**EXERCISE BRIEF:**
Exactly as written, repeat all of the records below.

START EXTRACTED INFORMATION

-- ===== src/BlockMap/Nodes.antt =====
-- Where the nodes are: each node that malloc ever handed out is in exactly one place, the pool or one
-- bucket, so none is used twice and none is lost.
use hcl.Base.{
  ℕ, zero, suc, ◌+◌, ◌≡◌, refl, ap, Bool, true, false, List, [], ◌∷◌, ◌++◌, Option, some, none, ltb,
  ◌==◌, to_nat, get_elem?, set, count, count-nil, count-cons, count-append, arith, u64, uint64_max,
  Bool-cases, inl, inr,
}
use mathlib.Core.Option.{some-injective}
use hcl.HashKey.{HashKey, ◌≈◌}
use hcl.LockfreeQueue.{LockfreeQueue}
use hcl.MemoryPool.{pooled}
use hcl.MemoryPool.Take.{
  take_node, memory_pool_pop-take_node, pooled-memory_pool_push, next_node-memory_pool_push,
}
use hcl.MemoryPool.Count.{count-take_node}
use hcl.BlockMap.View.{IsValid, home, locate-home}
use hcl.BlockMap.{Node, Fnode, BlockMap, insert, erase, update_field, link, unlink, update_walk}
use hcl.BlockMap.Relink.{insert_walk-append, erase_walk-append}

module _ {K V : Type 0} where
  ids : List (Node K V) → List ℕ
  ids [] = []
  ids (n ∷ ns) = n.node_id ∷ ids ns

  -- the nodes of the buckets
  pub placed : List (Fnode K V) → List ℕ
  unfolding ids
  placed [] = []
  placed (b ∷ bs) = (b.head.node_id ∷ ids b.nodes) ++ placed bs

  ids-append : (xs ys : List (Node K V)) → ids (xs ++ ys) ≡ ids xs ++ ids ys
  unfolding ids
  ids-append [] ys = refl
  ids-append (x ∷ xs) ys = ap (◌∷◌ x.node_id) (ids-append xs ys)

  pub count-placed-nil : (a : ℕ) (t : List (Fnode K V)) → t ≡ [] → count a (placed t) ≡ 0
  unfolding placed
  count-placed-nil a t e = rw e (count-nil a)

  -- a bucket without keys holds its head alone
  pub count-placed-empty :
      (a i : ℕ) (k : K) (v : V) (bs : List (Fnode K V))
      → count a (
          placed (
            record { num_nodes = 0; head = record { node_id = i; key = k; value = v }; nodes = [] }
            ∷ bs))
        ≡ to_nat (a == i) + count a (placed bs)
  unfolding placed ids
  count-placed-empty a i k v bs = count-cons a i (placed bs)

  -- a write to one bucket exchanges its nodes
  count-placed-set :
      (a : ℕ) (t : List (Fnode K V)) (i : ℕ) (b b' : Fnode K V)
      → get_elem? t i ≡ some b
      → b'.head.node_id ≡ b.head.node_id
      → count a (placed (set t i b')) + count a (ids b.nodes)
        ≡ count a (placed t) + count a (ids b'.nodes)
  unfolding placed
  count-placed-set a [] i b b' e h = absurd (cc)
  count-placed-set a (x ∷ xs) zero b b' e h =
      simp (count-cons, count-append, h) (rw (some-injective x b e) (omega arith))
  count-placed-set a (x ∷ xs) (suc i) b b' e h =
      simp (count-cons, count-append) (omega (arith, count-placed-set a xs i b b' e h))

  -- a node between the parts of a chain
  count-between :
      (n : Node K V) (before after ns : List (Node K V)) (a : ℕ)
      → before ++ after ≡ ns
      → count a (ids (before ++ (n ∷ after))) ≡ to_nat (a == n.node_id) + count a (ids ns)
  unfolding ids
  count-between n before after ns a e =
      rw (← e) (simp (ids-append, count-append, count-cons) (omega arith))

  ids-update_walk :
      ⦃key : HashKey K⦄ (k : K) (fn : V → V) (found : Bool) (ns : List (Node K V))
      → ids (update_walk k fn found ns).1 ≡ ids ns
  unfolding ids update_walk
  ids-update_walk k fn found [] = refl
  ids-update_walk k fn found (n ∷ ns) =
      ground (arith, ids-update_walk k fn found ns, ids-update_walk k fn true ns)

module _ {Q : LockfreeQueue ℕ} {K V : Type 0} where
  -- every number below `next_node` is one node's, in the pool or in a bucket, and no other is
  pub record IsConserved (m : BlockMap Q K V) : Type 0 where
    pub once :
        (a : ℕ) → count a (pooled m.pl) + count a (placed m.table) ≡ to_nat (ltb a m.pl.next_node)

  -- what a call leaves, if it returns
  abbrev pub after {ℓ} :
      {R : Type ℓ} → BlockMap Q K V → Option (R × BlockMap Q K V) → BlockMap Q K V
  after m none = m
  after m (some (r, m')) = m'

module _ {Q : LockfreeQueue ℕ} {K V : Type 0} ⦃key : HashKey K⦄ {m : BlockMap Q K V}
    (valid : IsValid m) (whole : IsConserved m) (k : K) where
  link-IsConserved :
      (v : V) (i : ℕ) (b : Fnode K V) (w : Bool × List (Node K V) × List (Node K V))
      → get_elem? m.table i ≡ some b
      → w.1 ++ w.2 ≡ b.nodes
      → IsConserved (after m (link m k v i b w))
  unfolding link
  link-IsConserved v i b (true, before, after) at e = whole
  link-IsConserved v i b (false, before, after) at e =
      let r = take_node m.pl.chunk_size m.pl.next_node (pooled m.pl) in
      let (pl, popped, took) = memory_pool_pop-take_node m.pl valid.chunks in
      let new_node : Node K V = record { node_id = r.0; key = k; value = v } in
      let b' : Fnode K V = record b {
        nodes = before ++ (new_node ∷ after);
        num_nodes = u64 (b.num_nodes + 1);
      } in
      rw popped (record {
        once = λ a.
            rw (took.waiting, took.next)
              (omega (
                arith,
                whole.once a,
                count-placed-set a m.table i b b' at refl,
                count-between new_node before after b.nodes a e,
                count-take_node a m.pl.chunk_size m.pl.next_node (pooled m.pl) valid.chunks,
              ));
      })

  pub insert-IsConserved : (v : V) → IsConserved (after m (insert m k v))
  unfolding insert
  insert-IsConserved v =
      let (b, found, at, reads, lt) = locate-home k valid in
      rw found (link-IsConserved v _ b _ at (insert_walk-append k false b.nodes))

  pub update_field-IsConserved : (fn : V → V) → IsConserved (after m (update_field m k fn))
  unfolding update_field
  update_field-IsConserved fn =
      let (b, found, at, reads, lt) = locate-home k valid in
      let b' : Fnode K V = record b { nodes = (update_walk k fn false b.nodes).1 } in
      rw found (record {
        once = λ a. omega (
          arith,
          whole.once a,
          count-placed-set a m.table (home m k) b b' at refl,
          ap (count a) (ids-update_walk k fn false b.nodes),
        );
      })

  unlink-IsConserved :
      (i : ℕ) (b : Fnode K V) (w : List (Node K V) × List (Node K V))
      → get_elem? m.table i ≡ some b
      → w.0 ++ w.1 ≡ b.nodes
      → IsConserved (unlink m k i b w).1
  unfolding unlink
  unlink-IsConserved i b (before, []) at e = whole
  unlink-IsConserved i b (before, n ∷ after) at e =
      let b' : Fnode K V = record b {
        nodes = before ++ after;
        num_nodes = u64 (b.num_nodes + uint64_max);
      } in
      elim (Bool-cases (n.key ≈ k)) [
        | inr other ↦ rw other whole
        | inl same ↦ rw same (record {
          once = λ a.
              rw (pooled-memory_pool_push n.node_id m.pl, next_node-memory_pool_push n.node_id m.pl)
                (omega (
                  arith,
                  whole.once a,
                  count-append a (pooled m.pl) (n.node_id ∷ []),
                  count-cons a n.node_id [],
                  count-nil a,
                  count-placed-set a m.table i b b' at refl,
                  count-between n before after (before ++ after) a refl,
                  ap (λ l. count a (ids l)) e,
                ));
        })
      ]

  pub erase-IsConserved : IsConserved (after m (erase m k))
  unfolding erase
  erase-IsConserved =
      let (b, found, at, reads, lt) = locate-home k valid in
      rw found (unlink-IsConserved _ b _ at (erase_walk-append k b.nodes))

END EXTRACTED INFORMATION

**SOLUTION TO THE PROBLEM:**
-- ===== src/BlockMap/Nodes.antt =====
-- Where the nodes are: each node that malloc ever handed out is in exactly one place, the pool or one
-- bucket, so none is used twice and none is lost.
use hcl.Base.{
  ℕ, zero, suc, ◌+◌, ◌≡◌, refl, ap, Bool, true, false, List, [], ◌∷◌, ◌++◌, Option, some, none, ltb,
  ◌==◌, to_nat, get_elem?, set, count, count-nil, count-cons, count-append, arith, u64, uint64_max,
  Bool-cases, inl, inr,
}
use mathlib.Core.Option.{some-injective}
use hcl.HashKey.{HashKey, ◌≈◌}
use hcl.LockfreeQueue.{LockfreeQueue}
use hcl.MemoryPool.{pooled}
use hcl.MemoryPool.Take.{
  take_node, memory_pool_pop-take_node, pooled-memory_pool_push, next_node-memory_pool_push,
}
use hcl.MemoryPool.Count.{count-take_node}
use hcl.BlockMap.View.{IsValid, home, locate-home}
use hcl.BlockMap.{Node, Fnode, BlockMap, insert, erase, update_field, link, unlink, update_walk}
use hcl.BlockMap.Relink.{insert_walk-append, erase_walk-append}

module _ {K V : Type 0} where
  ids : List (Node K V) → List ℕ
  ids [] = []
  ids (n ∷ ns) = n.node_id ∷ ids ns

  -- the nodes of the buckets
  pub placed : List (Fnode K V) → List ℕ
  unfolding ids
  placed [] = []
  placed (b ∷ bs) = (b.head.node_id ∷ ids b.nodes) ++ placed bs

  ids-append : (xs ys : List (Node K V)) → ids (xs ++ ys) ≡ ids xs ++ ids ys
  unfolding ids
  ids-append [] ys = refl
  ids-append (x ∷ xs) ys = ap (◌∷◌ x.node_id) (ids-append xs ys)

  pub count-placed-nil : (a : ℕ) (t : List (Fnode K V)) → t ≡ [] → count a (placed t) ≡ 0
  unfolding placed
  count-placed-nil a t e = rw e (count-nil a)

  -- a bucket without keys holds its head alone
  pub count-placed-empty :
      (a i : ℕ) (k : K) (v : V) (bs : List (Fnode K V))
      → count a (
          placed (
            record { num_nodes = 0; head = record { node_id = i; key = k; value = v }; nodes = [] }
            ∷ bs))
        ≡ to_nat (a == i) + count a (placed bs)
  unfolding placed ids
  count-placed-empty a i k v bs = count-cons a i (placed bs)

  -- a write to one bucket exchanges its nodes
  count-placed-set :
      (a : ℕ) (t : List (Fnode K V)) (i : ℕ) (b b' : Fnode K V)
      → get_elem? t i ≡ some b
      → b'.head.node_id ≡ b.head.node_id
      → count a (placed (set t i b')) + count a (ids b.nodes)
        ≡ count a (placed t) + count a (ids b'.nodes)
  unfolding placed
  count-placed-set a [] i b b' e h = absurd (cc)
  count-placed-set a (x ∷ xs) zero b b' e h =
      simp (count-cons, count-append, h) (rw (some-injective x b e) (omega arith))
  count-placed-set a (x ∷ xs) (suc i) b b' e h =
      simp (count-cons, count-append) (omega (arith, count-placed-set a xs i b b' e h))

  -- a node between the parts of a chain
  count-between :
      (n : Node K V) (before after ns : List (Node K V)) (a : ℕ)
      → before ++ after ≡ ns
      → count a (ids (before ++ (n ∷ after))) ≡ to_nat (a == n.node_id) + count a (ids ns)
  unfolding ids
  count-between n before after ns a e =
      rw (← e) (simp (ids-append, count-append, count-cons) (omega arith))

  ids-update_walk :
      ⦃key : HashKey K⦄ (k : K) (fn : V → V) (found : Bool) (ns : List (Node K V))
      → ids (update_walk k fn found ns).1 ≡ ids ns
  unfolding ids update_walk
  ids-update_walk k fn found [] = refl
  ids-update_walk k fn found (n ∷ ns) =
      ground (arith, ids-update_walk k fn found ns, ids-update_walk k fn true ns)

module _ {Q : LockfreeQueue ℕ} {K V : Type 0} where
  -- every number below `next_node` is one node's, in the pool or in a bucket, and no other is
  pub record IsConserved (m : BlockMap Q K V) : Type 0 where
    pub once :
        (a : ℕ) → count a (pooled m.pl) + count a (placed m.table) ≡ to_nat (ltb a m.pl.next_node)

  -- what a call leaves, if it returns
  abbrev pub after {ℓ} :
      {R : Type ℓ} → BlockMap Q K V → Option (R × BlockMap Q K V) → BlockMap Q K V
  after m none = m
  after m (some (r, m')) = m'

module _ {Q : LockfreeQueue ℕ} {K V : Type 0} ⦃key : HashKey K⦄ {m : BlockMap Q K V}
    (valid : IsValid m) (whole : IsConserved m) (k : K) where
  link-IsConserved :
      (v : V) (i : ℕ) (b : Fnode K V) (w : Bool × List (Node K V) × List (Node K V))
      → get_elem? m.table i ≡ some b
      → w.1 ++ w.2 ≡ b.nodes
      → IsConserved (after m (link m k v i b w))
  unfolding link
  link-IsConserved v i b (true, before, after) at e = whole
  link-IsConserved v i b (false, before, after) at e =
      let r = take_node m.pl.chunk_size m.pl.next_node (pooled m.pl) in
      let (pl, popped, took) = memory_pool_pop-take_node m.pl valid.chunks in
      let new_node : Node K V = record { node_id = r.0; key = k; value = v } in
      let b' : Fnode K V = record b {
        nodes = before ++ (new_node ∷ after);
        num_nodes = u64 (b.num_nodes + 1);
      } in
      rw popped (record {
        once = λ a.
            rw (took.waiting, took.next)
              (omega (
                arith,
                whole.once a,
                count-placed-set a m.table i b b' at refl,
                count-between new_node before after b.nodes a e,
                count-take_node a m.pl.chunk_size m.pl.next_node (pooled m.pl) valid.chunks,
              ));
      })

  pub insert-IsConserved : (v : V) → IsConserved (after m (insert m k v))
  unfolding insert
  insert-IsConserved v =
      let (b, found, at, reads, lt) = locate-home k valid in
      rw found (link-IsConserved v _ b _ at (insert_walk-append k false b.nodes))

  pub update_field-IsConserved : (fn : V → V) → IsConserved (after m (update_field m k fn))
  unfolding update_field
  update_field-IsConserved fn =
      let (b, found, at, reads, lt) = locate-home k valid in
      let b' : Fnode K V = record b { nodes = (update_walk k fn false b.nodes).1 } in
      rw found (record {
        once = λ a. omega (
          arith,
          whole.once a,
          count-placed-set a m.table (home m k) b b' at refl,
          ap (count a) (ids-update_walk k fn false b.nodes),
        );
      })

  unlink-IsConserved :
      (i : ℕ) (b : Fnode K V) (w : List (Node K V) × List (Node K V))
      → get_elem? m.table i ≡ some b
      → w.0 ++ w.1 ≡ b.nodes
      → IsConserved (unlink m k i b w).1
  unfolding unlink
  unlink-IsConserved i b (before, []) at e = whole
  unlink-IsConserved i b (before, n ∷ after) at e =
      let b' : Fnode K V = record b {
        nodes = before ++ after;
        num_nodes = u64 (b.num_nodes + uint64_max);
      } in
      elim (Bool-cases (n.key ≈ k)) [
        | inr other ↦ rw other whole
        | inl same ↦ rw same (record {
          once = λ a.
              rw (pooled-memory_pool_push n.node_id m.pl, next_node-memory_pool_push n.node_id m.pl)
                (omega (
                  arith,
                  whole.once a,
                  count-append a (pooled m.pl) (n.node_id ∷ []),
                  count-cons a n.node_id [],
                  count-nil a,
                  count-placed-set a m.table i b b' at refl,
                  count-between n before after (before ++ after) a refl,
                  ap (λ l. count a (ids l)) e,
                ));
        })
      ]

  pub erase-IsConserved : IsConserved (after m (erase m k))
  unfolding erase
  erase-IsConserved =
      let (b, found, at, reads, lt) = locate-home k valid in
      rw found (unlink-IsConserved _ b _ at (erase_walk-append k b.nodes))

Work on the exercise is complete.